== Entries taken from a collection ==

--------------------------------

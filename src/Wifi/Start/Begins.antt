-- ===== src/Wifi/Start/Begins.antt =====
-- main/wifi_manager.c: what the start of the task leaves, with flash as it is found.
use airu_v2_fw.Base.{
  ℕ, ◌≤◌, ◌≡◌, Bool, true, false, List, [], ◌∷◌, ◌++◌, Option, none, some, length, drop, replicate,
  codes, arith, refl, sym, ap, ◌∙◌, if◌then◌else◌,
}
use airu_v2_fw.Base.Int.{ℤ, pos}
use airu_v2_fw.Base.Bytes.{c_string}
use airu_v2_fw.Base.Memory.{copy, copy_append}
use airu_v2_fw.Nvs.{Nvs, chained, get-set_ne, get-commit, name, email, ssid, is_ok, ◌>>>◌}
use airu_v2_fw.Server.Stamps.{c_string-append}
use airu_v2_fw.Json.Buffer.{NoNul, strcpy}
use airu_v2_fw.Wifi.{World}
use airu_v2_fw.Wifi.Config.{erased, fetch_wifi_sta_config}
use airu_v2_fw.Wifi.Documents.{clear_access_points_json, clear_ip_info_json, clear_reg_info_json}
use airu_v2_fw.Wifi.Manager.{started}
use airu_v2_fw.Wifi.Registration.{RegInfo, save_reg_config}
use airu_v2_fw.Wifi.Start.{
  Heap, Texts, allocate, WifiSettings, Layout, DriverCall, ap_name, prepare, static_config,
  start_calls, run_calls, Start, start,
}

-- A buffer that is there, with room for four bytes.
abbrev pub IsGiven : Option (List ℕ) → Type 0
IsGiven none = ⊥
IsGiven (some m) = 4 ≤ length m

-- Every buffer that the start writes is given.
pub record Gives (h : Heap) : Type 0 where
  pub access_points : IsGiven h.accessp_json
  pub addresses : IsGiven h.ip_info_json
  pub registration : IsGiven h.reg_info_json
  pub config : (m : List ℕ) × (h.config_sta ≡ some m)

-- The empty documents.
pub record Blank (t : Texts) : Type 0 where
  pub access_points : c_string t.accessp_json ≡ codes "[]\n"
  pub addresses : c_string t.ip_info_json ≡ codes "{}\n"
  pub registration : c_string t.reg_info_json ≡ codes "{}\n"

put :
    (o : Option (List ℕ)) (a b c : ℕ)
    → IsGiven o
    → NoNul (a ∷ b ∷ c ∷ [])
    → (m : List ℕ) × (m' : List ℕ) × (o ≡ some m)
      × (copy m 0 ((a ∷ b ∷ c ∷ []) ++ (0 ∷ [])) ≡ some m')
      × (c_string m' ≡ a ∷ b ∷ c ∷ [])
put none a b c h k = absurd h
put (some m) a b c h k = (
  m,
  (a ∷ b ∷ c ∷ []) ++ (0 ∷ drop 4 m),
  refl,
  copy_append (a ∷ b ∷ c ∷ 0 ∷ []) [] m 0 refl h,
  c_string-append (a ∷ b ∷ c ∷ []) (drop 4 m) k,
)

pub allocate-Blank : (h : Heap) → Gives h → (t : Texts) × (allocate h ≡ some t) × Blank t
unfolding allocate clear_access_points_json clear_ip_info_json clear_reg_info_json strcpy
allocate-Blank h g =
    let (m, a, e, f, t) = put h.accessp_json b'[' b']' b'\n' g.access_points (ground arith) in
    let (n, b, i, j, u) = put h.ip_info_json b'{' b'}' b'\n' g.addresses (ground arith) in
    let (o, c, k, l, v) = put h.reg_info_json b'{' b'}' b'\n' g.registration (ground arith) in
    (
      record { accessp_json = a; ip_info_json = b; reg_info_json = c },
      rw (e, f, i, j, k, l, g.config.1) refl,
      record { access_points = t; addresses = u; registration = v },
    )

NoNul-ap_name : (mac : List ℕ) → NoNul (ap_name mac)
NoNul-ap_name mac = ground arith

-- The access point is named after the device.
pub prepare-ap_name :
    (mac : List ℕ) (s : WifiSettings)
    → 10 ≤ length s.ap_ssid
    → (p : WifiSettings) × (prepare mac s ≡ some p) × (c_string p.ap_ssid ≡ ap_name mac)
unfolding prepare
prepare-ap_name mac s h = (
  record s { ap_ssid = ap_name mac ++ (0 ∷ rest); sta_static_ip_config = static_config },
  rw (copy_append (ap_name mac ++ (0 ∷ [])) [] s.ap_ssid 0 refl h) refl,
  c_string-append (ap_name mac) rest (NoNul-ap_name mac),
)
  where
    rest : List ℕ
    rest = drop 10 s.ap_ssid

abbrev ssid_of : Option WifiSettings → List ℕ
ssid_of none = []
ssid_of (some p) = p.ap_ssid

pub prepare-c_string :
    (mac : List ℕ) (s p : WifiSettings)
    → 10 ≤ length s.ap_ssid
    → prepare mac s ≡ some p
    → c_string p.ap_ssid ≡ ap_name mac
prepare-c_string mac s p h e =
    let (q, f, c) = prepare-ap_name mac s h in ap (λ o. c_string (ssid_of o)) (sym e ∙ f) ∙ c

-- The settings that the start uses.
abbrev pub known : (nvs : Nvs) → Layout → WifiSettings → nvs.Store → WifiSettings
known nvs layout p s =
    layout.settings_of
      (fetch_wifi_sta_config nvs layout.size (some erased) (layout.bytes_of p) s).settings

abbrev pub entered : (nvs : Nvs) → Layout → Bool → WifiSettings → nvs.Store → Option (World nvs)
entered nvs layout b p s = if b then some (started nvs layout.size (layout.bytes_of p) s) else none

-- How a start goes, given enough memory.
pub record Begins (nvs : Nvs) (layout : Layout) (succeeds : DriverCall → Bool) (dhcp_started : Bool)
    (p : WifiSettings) (s : nvs.Store) (o : Option (Start nvs)) : Type 0 where
  pub result : Start nvs
  pub returns : o ≡ some result
  pub texts : Blank result.texts
  pub settings : result.settings ≡ known nvs layout p s
  pub calls :
      result.calls ≡ (run_calls succeeds (start_calls dhcp_started (known nvs layout p s))).0
  pub enters :
      result.enters
      ≡ entered nvs layout
          (run_calls succeeds (start_calls dhcp_started (known nvs layout p s))).1
          p
          s

pub start-Begins :
    (nvs : Nvs) (layout : Layout) (succeeds : DriverCall → Bool) (heap : Heap) (mac : List ℕ)
    (dhcp_started : Bool) (p ws : WifiSettings) (s : nvs.Store)
    → Gives heap
    → prepare mac ws ≡ some p
    → Begins nvs layout succeeds dhcp_started p s
        (start nvs layout succeeds heap mac dhcp_started ws s)
unfolding start
start-Begins nvs layout succeeds heap mac dhcp_started p ws s g e =
    let (t, a, b) = allocate-Blank heap g in
    record {
      result = record {
        calls = (run_calls succeeds (start_calls dhcp_started (known nvs layout p s))).0;
        texts = t;
        settings = known nvs layout p s;
        enters =
            entered nvs layout
              (run_calls succeeds (start_calls dhcp_started (known nvs layout p s))).1 p s;
      };
      returns = rw (a, e) refl;
      texts = b;
      settings = refl;
      calls = refl;
      enters = refl;
    }

-- Settings of zeros: an access point with no name, no password and channel 0.
abbrev pub zeroed : WifiSettings
zeroed = record {
  ap_ssid = replicate 32 0;
  ap_pwd = replicate 64 0;
  ap_channel = 0;
  ap_ssid_hidden = 0;
  ap_bandwidth = 0;
  sta_only = false;
  sta_power_save = 0;
  sta_static_ip = false;
  sta_static_ip_config = record { ip = replicate 4 0; gw = replicate 4 0; netmask = replicate 4 0 };
}

-- A fetch from a namespace with no network clears the settings.
pub fetch-no_name :
    (nvs : Nvs) (size : ℕ) (w : List ℕ) (t : nvs.Store)
    → nvs.open_for false t ≡ pos 0
    → is_ok (nvs.get_blob t ssid 32).0 ≡ false
    → (fetch_wifi_sta_config nvs size (some erased) w t).settings ≡ replicate size 0
unfolding fetch_wifi_sta_config
fetch-no_name nvs size w t o n = rw (o, n) refl

-- A fetch without a namespace changes nothing.
pub fetch-no_namespace :
    (nvs : Nvs) (size : ℕ) (w : List ℕ) (s : nvs.Store)
    → is_ok (nvs.open_for false s) ≡ false
    → fetch_wifi_sta_config nvs size (some erased) w s
      ≡ record { found = false; config = some erased; settings = w }
unfolding fetch_wifi_sta_config
fetch-no_namespace nvs size w s o = rw o refl

-- Saving a registration leaves the network's key alone.
pub save_reg_config-ssid :
    (nvs : Nvs) (info : RegInfo) (s t : nvs.Store)
    → save_reg_config nvs info s ≡ (pos 0, t)
    → nvs.get_blob t ssid 32 ≡ nvs.get_blob s ssid 32
unfolding save_reg_config
save_reg_config-ssid nvs info s t saved =
    let w1 : nvs.Store → ℤ × nvs.Store = λ s. nvs.set_blob s name info.name in
    let w2 : nvs.Store → ℤ × nvs.Store = λ s. nvs.set_blob s email info.email in
    let r1 : ℤ × nvs.Store = (nvs.open_for true s, s) >>> w1 in
    let r2 = r1 >>> w2 in
    let c4 = chained (r2 >>> nvs.commit) (λ s. (pos 0, s)) t saved in
    let c3 = chained r2 nvs.commit c4.between c4.first in
    let c2 = chained r1 w2 c3.between c3.first in
    let c1 = chained (nvs.open_for true s, s) w1 c2.between c2.first in
    ap (λ r. nvs.get_blob r.1 ssid 32) (sym c4.second)
    ∙ get-commit nvs c3.between c4.between ssid 32 c3.second
    ∙ get-set_ne nvs c2.between c3.between email ssid info.email 32 c2.second (ground arith)
    ∙ get-set_ne nvs c1.between c2.between name ssid info.name 32 c1.second (ground arith)
    ∙ ap (λ r. nvs.get_blob r.1 ssid 32) (sym c1.first)
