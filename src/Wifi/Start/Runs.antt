-- ===== src/Wifi/Start/Runs.antt =====
-- main/wifi_manager.c: whole starts, on a new device, on one whose user has registered, and with a
-- driver that fails.
use airu_v2_fw.Base.{
  ℕ, ◌≤◌, if◌then◌else◌, ◌≡◌, Bool, true, false, List, [], ◌∷◌, ◌++◌, none, some, All, length, refl,
  sym, ap, ◌∙◌,
}
use airu_v2_fw.Base.Bytes.{c_string}
use airu_v2_fw.Nvs.{Nvs, is_ok}
use airu_v2_fw.Wifi.{World}
use airu_v2_fw.Wifi.Config.{Fetched, erased, fetch_wifi_sta_config}
use airu_v2_fw.Wifi.Manager.{started}
use airu_v2_fw.Wifi.Start.{
  Heap, WifiSettings, Layout, DriverCall, ap_name, prepare, start_calls, run_calls, Start, start,
  event_loop_init, dhcps_stop, dhcps_start, set_ip_info, access_point, ap_address, dhcpc_get_status,
  dhcpc_start, wifi_init, set_storage_ram, set_mode_apsta, set_bandwidth, set_ps,
}
use airu_v2_fw.Wifi.Start.Begins.{
  Gives, Blank, entered, fetch-no_namespace, prepare-c_string, known, start-Begins,
}

run_calls-all :
    (succeeds : DriverCall → Bool) (cs : List DriverCall)
    → ((c : DriverCall) → succeeds c ≡ true)
    → run_calls succeeds cs ≡ (cs, true)
unfolding run_calls
run_calls-all succeeds [] h = refl
run_calls-all succeeds (c ∷ cs) h = rw (h c, run_calls-all succeeds cs h) refl

run_calls-failure :
    (succeeds : DriverCall → Bool) (a b : List DriverCall) (c : DriverCall)
    → All (λ d. succeeds d ≡ true) a
    → succeeds c ≡ false
    → run_calls succeeds (a ++ (c ∷ b)) ≡ (a ++ (c ∷ []), false)
unfolding run_calls
run_calls-failure succeeds [] b c h f = rw f refl
run_calls-failure succeeds (d ∷ a) b c h f = rw (h.0, run_calls-failure succeeds a b c h.1 f) refl

-- The calls before the access point is configured, for settings of zeros.
abbrev pub calls_before : (dhcp_started : Bool) → List DriverCall
calls_before dhcp_started =
    event_loop_init
    ∷ dhcps_stop
    ∷ set_ip_info access_point ap_address
    ∷ dhcps_start
    ∷ ((if dhcp_started then dhcpc_get_status ∷ [] else dhcpc_get_status ∷ dhcpc_start ∷ [])
        ++ (wifi_init ∷ set_storage_ram ∷ set_mode_apsta ∷ set_bandwidth 0 ∷ set_ps 0 ∷ []))

abbrev settings_in : Fetched → List ℕ
settings_in r = r.settings

-- What the task fetches when there is no namespace.
abbrev unfetched : List ℕ → Fetched
unfetched w = record { found = false; config = some erased; settings = w }

started-unfetched :
    (nvs : Nvs) (size : ℕ) (w : List ℕ) (s : nvs.Store)
    → fetch_wifi_sta_config nvs size (some erased) w s ≡ unfetched w
    → ((started nvs size w s).config ≡ some erased)
      × ((started nvs size w s).bits.request_sta_connect ≡ false)
unfolding started
started-unfetched nvs size w s f = (ap (λ r. r.config) f, ap (λ r. r.found) f)

module _ (nvs : Nvs) (layout : Layout) (succeeds : DriverCall → Bool) (heap : Heap) (mac : List ℕ)
    (dhcp_started : Bool) (ws : WifiSettings) where
  -- With memory for its buffers, room for the name and settings that keep their values in the
  -- compiler's layout, on a device whose flash has no namespace yet and whose driver's calls succeed:
  -- the start makes all its calls, leaves empty documents, names the access point after the device's
  -- address, and enters the loop with a cleared configuration and no connection requested.
  pub start-new_device :
      (s : nvs.Store) (p : WifiSettings)
      → Gives heap
      → 10 ≤ length ws.ap_ssid
      → prepare mac ws ≡ some p
      → layout.settings_of (layout.bytes_of p) ≡ p
      → is_ok (nvs.open_for false s) ≡ false
      → ((c : DriverCall) → succeeds c ≡ true)
      → (r : Start nvs) × (start nvs layout succeeds heap mac dhcp_started ws s ≡ some r)
        × Blank r.texts
        × (c_string r.settings.ap_ssid ≡ ap_name mac)
        × (r.calls ≡ start_calls dhcp_started r.settings)
        × (w : World nvs) × (r.enters ≡ some w)
        × (w.config ≡ some erased)
        × (w.bits.request_sta_connect ≡ false)
  start-new_device s p g l e laid n ok =
      let b = start-Begins nvs layout succeeds heap mac dhcp_started p ws s g e in
      let f = fetch-no_namespace nvs layout.size (layout.bytes_of p) s n in
      let k = ap layout.settings_of (ap settings_in f) ∙ laid in
      (
        b.result,
        b.returns,
        b.texts,
        ap (λ q. c_string q.ap_ssid) (b.settings ∙ k) ∙ prepare-c_string mac ws p l e,
        b.calls
            ∙ ap (λ r. r.0)
                (run_calls-all succeeds (start_calls dhcp_started (known nvs layout p s)) ok)
            ∙ ap (start_calls dhcp_started) (sym b.settings),
        started nvs layout.size (layout.bytes_of p) s,
        b.enters
            ∙ ap (λ r. entered nvs layout r.1 p s)
                (run_calls-all succeeds (start_calls dhcp_started (known nvs layout p s)) ok),
        (started-unfetched nvs layout.size (layout.bytes_of p) s f).0,
        (started-unfetched nvs layout.size (layout.bytes_of p) s f).1,
      )

  -- With memory for its buffers, and whatever flash holds: a driver's call that fails where those
  -- before it succeed is the last that is made, and the task does not enter its loop.
  pub start-failure :
      (s : nvs.Store) (p : WifiSettings) (a b : List DriverCall) (c : DriverCall)
      → Gives heap
      → prepare mac ws ≡ some p
      → start_calls dhcp_started (known nvs layout p s) ≡ a ++ (c ∷ b)
      → All (λ d. succeeds d ≡ true) a
      → succeeds c ≡ false
      → (r : Start nvs) × (start nvs layout succeeds heap mac dhcp_started ws s ≡ some r)
        × (r.calls ≡ a ++ (c ∷ []))
        × (r.enters ≡ none)
  start-failure s p a b c g e k h f =
      let r = start-Begins nvs layout succeeds heap mac dhcp_started p ws s g e in
      (
        r.result,
        r.returns,
        r.calls ∙ rw (k, run_calls-failure succeeds a b c h f) refl,
        r.enters ∙ rw (k, run_calls-failure succeeds a b c h f) refl,
      )
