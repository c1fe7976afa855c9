-- ===== src/Tests/Starting.antt =====
-- Runs of the start of main/wifi_manager.c, over a flash that knows which keys were set, and of
-- main/app_utils.c.
use airu_v2_fw.Base.{
  ℕ, ◌≤◌, ◌≡◌, ◌≢◌, ◌==◌, Bool, true, false, not, List, [], ◌∷◌, ◌++◌, Option, none, some, All,
  length, take, drop, get_or, replicate, codes, leb, if◌then◌else◌, Bool-cases, inl, inr, ==_iff,
  arith, refl, sym, ap, ◌∙◌,
}
use airu_v2_fw.Base.Int.{ℤ, pos, negsuc}
use airu_v2_fw.Base.Bytes.{c_string}
use airu_v2_fw.Base.Memory.{copy, store}
use airu_v2_fw.Nvs.{Nvs, Key}
use airu_v2_fw.Wifi.{World}
use airu_v2_fw.Wifi.Config.{erased, fetch_wifi_sta_config}
use airu_v2_fw.Wifi.Registration.{RegInfo}
use airu_v2_fw.Wifi.Start.{
  Heap, WifiSettings, Layout, DriverCall, event_loop_init, dhcps_stop, ap_name, prepare,
  start_calls, Start, start, set_ap_config,
}
use airu_v2_fw.Wifi.Start.Begins.{Gives, Blank, known, zeroed}
use airu_v2_fw.Wifi.Start.Runs.{start-new_device}
use airu_v2_fw.AppUtils.Hexadecimal.{IsByte}
use airu_v2_fw.Tests.Network.{index, key_at, key_at-index}

-- What was set, newest first.
abbrev Entries : Type 0
Entries = List (Key × List ℕ)

abbrev lookup : Entries → Key → Option (List ℕ)
lookup [] k = none
lookup ((j, v) ∷ s) k = if index j == index k then some v else lookup s k

abbrev get : Entries → Key → ℕ → ℤ × List ℕ
get s k n = elim (lookup s k) [
  | none ↦ (pos 0x1102, [])
  | some v ↦ if leb (length v) n then (pos 0, v) else (negsuc 0, [])
]

-- There is a namespace once a key was set.
abbrev open_entries : Bool → Entries → ℤ
open_entries true s = pos 0
open_entries false [] = pos 0x1102
open_entries false (_ ∷ _) = pos 0

get-cons :
    (s : Entries) (k : Key) (v : List ℕ) (n : ℕ) → length v ≤ n → get ((k, v) ∷ s) k n ≡ (pos 0, v)
get-cons s k v n h = ground arith

get-cons_ne :
    (s : Entries) (k j : Key) (v : List ℕ) (n : ℕ) → k ≢ j → get ((k, v) ∷ s) j n ≡ get s j n
get-cons_ne s k j v n d = elim (Bool-cases (index k == index j)) [
  | inl same ↦ absurd (d (sym (key_at-index k) ∙ ap key_at ((==_iff _ _).0 same) ∙ key_at-index j))
  | inr other ↦ rw (get, other) refl
]

abbrev entries : Nvs
entries = record {
  Store = Entries;
  open_for = open_entries;
  set_blob = λ s k v. (pos 0, (k, v) ∷ s);
  commit = λ s. (pos 0, s);
  get_blob = get;
  get_blob-set_blob = λ s k v n ok l. get-cons s k v n l;
  get_blob-set_blob_ne = get-cons_ne;
  get_blob-commit = λ s j n. refl;
}

abbrev of_bool : Bool → ℕ
of_bool true = 1
of_bool false = 0

-- One byte for each number, behind the two arrays.
abbrev bytes_of : WifiSettings → List ℕ
bytes_of s =
    s.ap_ssid
    ++ (s.ap_pwd
        ++ (s.ap_channel
            ∷ s.ap_ssid_hidden
            ∷ s.ap_bandwidth
            ∷ of_bool s.sta_only
            ∷ s.sta_power_save
            ∷ of_bool s.sta_static_ip
            ∷ (s.sta_static_ip_config.ip
                ++ (s.sta_static_ip_config.gw ++ s.sta_static_ip_config.netmask))))

abbrev settings_of : List ℕ → WifiSettings
settings_of b = record {
  ap_ssid = take 32 b;
  ap_pwd = take 64 (drop 32 b);
  ap_channel = get_or b 96 0;
  ap_ssid_hidden = get_or b 97 0;
  ap_bandwidth = get_or b 98 0;
  sta_only = not (get_or b 99 0 == 0);
  sta_power_save = get_or b 100 0;
  sta_static_ip = not (get_or b 101 0 == 0);
  sta_static_ip_config = record {
    ip = take 4 (drop 102 b);
    gw = take 4 (drop 106 b);
    netmask = take 4 (drop 110 b);
  };
}

abbrev packed : Layout
packed = record { size = 114; bytes_of = bytes_of; settings_of = settings_of }

abbrev defaults : WifiSettings
defaults = record zeroed {
  ap_ssid = codes "AirU" ++ replicate 28 0;
  ap_pwd = codes "cleantheair" ++ replicate 53 0;
  ap_channel = 5;
  ap_bandwidth = 1;
  sta_only = true;
  sta_power_save = 1;
}

abbrev mac : List ℕ
mac = 0xa4 ∷ 0xcf ∷ 0x12 ∷ 0x05 ∷ 0xbe ∷ 0x07 ∷ []

abbrev prepared : WifiSettings
prepared = record defaults {
  ap_ssid = codes "AirU-BE07" ++ replicate 23 0;
  sta_static_ip_config = record {
    ip = 192 ∷ 168 ∷ 0 ∷ 10 ∷ [];
    gw = 192 ∷ 168 ∷ 0 ∷ 1 ∷ [];
    netmask = 255 ∷ 255 ∷ 255 ∷ 0 ∷ [];
  };
}

prepares : prepare mac defaults ≡ some prepared
unfolding prepare copy store
prepares = refl

abbrev heap : Heap
heap = record {
  accessp_records = none;
  accessp_json = some (replicate 8 1);
  ip_info_json = some (replicate 6 1);
  reg_info_json = some (replicate 5 1);
  config_sta = some [];
}

heap-Gives : Gives heap
heap-Gives = record {
  access_points = omega arith;
  addresses = omega arith;
  registration = omega arith;
  config = ([], refl);
}

abbrev willing : DriverCall → Bool
willing _ = true

start-new_device_example :
    (r : Start entries) × (start entries packed willing heap mac false defaults [] ≡ some r)
    × Blank r.texts
    × (c_string r.settings.ap_ssid ≡ ap_name mac)
    × (r.calls ≡ start_calls false r.settings)
    × (w : World entries) × (r.enters ≡ some w)
    × (w.config ≡ some erased)
    × (w.bits.request_sta_connect ≡ false)
start-new_device_example =
    start-new_device entries packed willing heap mac false defaults [] prepared heap-Gives
      (omega arith) prepares refl refl (λ _. refl)

abbrev user : RegInfo
user = record { name = codes "Ada" ++ replicate 61 0; email = codes "a@b" ++ replicate 251 0 }

-- A driver that refuses a password that is too short.
abbrev strict : DriverCall → Bool
strict (set_ap_config c) = leb 8 (length (c_string c.password))
strict _ = true

-- A driver whose DHCP server cannot be stopped.
abbrev stuck : DriverCall → Bool
stuck dhcps_stop = false
stuck _ = true

abbrev behind : List DriverCall
behind = drop 2 (start_calls false prepared)

stuck_calls :
    start_calls false (known entries packed prepared [])
    ≡ (event_loop_init ∷ []) ++ (dhcps_stop ∷ behind)
unfolding start_calls fetch_wifi_sta_config
stuck_calls = refl

mac-IsByte : All IsByte mac
mac-IsByte = ground arith

abbrev digest : List ℕ
digest = 0x0f ∷ 0xe3 ∷ replicate 30 0xa5

digest-IsByte : All IsByte digest
digest-IsByte = ground arith
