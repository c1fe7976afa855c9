-- ===== src/Tests/Text.antt =====
-- Runs of main/json.c.
use airu_v2_fw.Base.{
  ℕ, true, List, [], ◌∷◌, none, some, ◌≡◌, refl, replicate, ◌++◌, codes, drop, length,
}
use airu_v2_fw.Base.Memory.{store, copy}
use airu_v2_fw.Json.{json_print_string}
use airu_v2_fw.Json.Escape.{quoted}
use airu_v2_fw.Json.Writes.{json_print_string_lem}
use airu_v2_fw.Json.Decode.{read_string, read_string-json_print_string}

-- A quote, a letter and the bell character.
abbrev bell : List ℕ
bell = b'"' ∷ b'a' ∷ 7 ∷ []

abbrev page : List ℕ
page = replicate 13 1

abbrev printed : List ℕ
printed = codes "\"\\\"a\\u0007\"" ++ (0 ∷ 1 ∷ [])

bell_prints : json_print_string (some bell) (some page) ≡ some (true, some printed)
unfolding json_print_string store copy
bell_prints = refl

bell_overflows : json_print_string (some bell) (some (replicate 11 1)) ≡ none
unfolding json_print_string store copy
bell_overflows = refl

read_string-json_print_string_example :
    read_string 4 (drop 1 printed) ≡ some (bell, 0 ∷ drop (length (quoted bell)) page)
read_string-json_print_string_example = read_string-json_print_string bell page printed bell_prints

json_print_string_lem_example :
    json_print_string (some bell) (some page)
    ≡ some (true, some (quoted bell ++ drop (length (quoted bell)) page))
unfolding quoted
json_print_string_lem_example = json_print_string_lem bell page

--------------------------------

== Exercise details ==
All that belongs in the answer is the run of lines above from the line containing "settings = known nvs layout p s;" through the line containing "-- Settings of", exactly as written.

== Worked solution ==
        settings = known nvs layout p s;
        enters =
            entered nvs layout
              (run_calls succeeds (start_calls dhcp_started (known nvs layout p s))).1 p s;
      };
      returns = rw (a, e) refl;
      texts = b;
      settings = refl;
      calls = refl;
      enters = refl;
    }

-- Settings of zeros: an access point with no name, no password and channel 0.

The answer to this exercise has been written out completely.